(Collected data entries)
- Opening Delimiter -

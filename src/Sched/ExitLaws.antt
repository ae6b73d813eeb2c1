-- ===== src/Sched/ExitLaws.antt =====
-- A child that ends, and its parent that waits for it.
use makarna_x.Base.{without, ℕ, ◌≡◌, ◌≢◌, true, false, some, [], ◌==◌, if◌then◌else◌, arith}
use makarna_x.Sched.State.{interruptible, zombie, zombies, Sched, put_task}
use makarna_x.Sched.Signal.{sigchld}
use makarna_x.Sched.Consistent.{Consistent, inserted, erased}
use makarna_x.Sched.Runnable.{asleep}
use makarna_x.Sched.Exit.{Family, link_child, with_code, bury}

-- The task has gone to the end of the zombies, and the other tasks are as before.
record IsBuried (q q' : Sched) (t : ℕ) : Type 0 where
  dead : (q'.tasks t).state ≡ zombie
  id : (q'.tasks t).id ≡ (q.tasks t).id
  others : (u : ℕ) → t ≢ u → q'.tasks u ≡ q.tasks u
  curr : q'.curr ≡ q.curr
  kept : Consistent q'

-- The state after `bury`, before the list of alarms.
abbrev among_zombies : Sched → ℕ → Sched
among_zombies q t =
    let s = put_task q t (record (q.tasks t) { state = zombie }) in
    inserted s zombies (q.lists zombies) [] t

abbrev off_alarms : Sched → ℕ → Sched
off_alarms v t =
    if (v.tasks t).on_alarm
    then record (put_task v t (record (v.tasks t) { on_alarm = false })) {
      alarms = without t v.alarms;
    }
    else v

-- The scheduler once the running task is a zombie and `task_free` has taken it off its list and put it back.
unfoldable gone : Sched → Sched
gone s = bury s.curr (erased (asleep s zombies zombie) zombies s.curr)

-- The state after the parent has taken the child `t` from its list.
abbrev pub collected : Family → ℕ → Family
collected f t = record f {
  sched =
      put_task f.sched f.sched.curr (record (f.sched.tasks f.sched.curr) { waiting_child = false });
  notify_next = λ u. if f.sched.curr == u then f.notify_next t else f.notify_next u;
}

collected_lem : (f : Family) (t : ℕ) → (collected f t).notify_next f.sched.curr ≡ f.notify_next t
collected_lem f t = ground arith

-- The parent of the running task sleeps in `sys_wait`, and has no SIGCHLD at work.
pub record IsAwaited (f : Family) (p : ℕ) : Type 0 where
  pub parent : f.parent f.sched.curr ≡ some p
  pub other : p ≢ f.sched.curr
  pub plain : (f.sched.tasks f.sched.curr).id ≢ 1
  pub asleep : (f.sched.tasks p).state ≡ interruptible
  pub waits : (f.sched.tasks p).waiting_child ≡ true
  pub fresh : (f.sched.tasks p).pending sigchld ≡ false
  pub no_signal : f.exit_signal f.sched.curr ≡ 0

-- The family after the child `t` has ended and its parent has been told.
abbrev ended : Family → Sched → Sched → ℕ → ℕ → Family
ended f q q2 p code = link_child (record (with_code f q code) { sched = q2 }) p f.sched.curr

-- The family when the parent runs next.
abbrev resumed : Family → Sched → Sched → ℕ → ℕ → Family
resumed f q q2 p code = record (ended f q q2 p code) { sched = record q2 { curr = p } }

- Closing Delimiter -

**How to complete this task**
Show the lines of the records above that mention "ended".

**Answer section**
-- The family after the child `t` has ended and its parent has been told.
abbrev ended : Family → Sched → Sched → ℕ → ℕ → Family
ended f q q2 p code = link_child (record (with_code f q code) { sched = q2 }) p f.sched.curr
resumed f q q2 p code = record (ended f q q2 p code) { sched = record q2 { curr = p } }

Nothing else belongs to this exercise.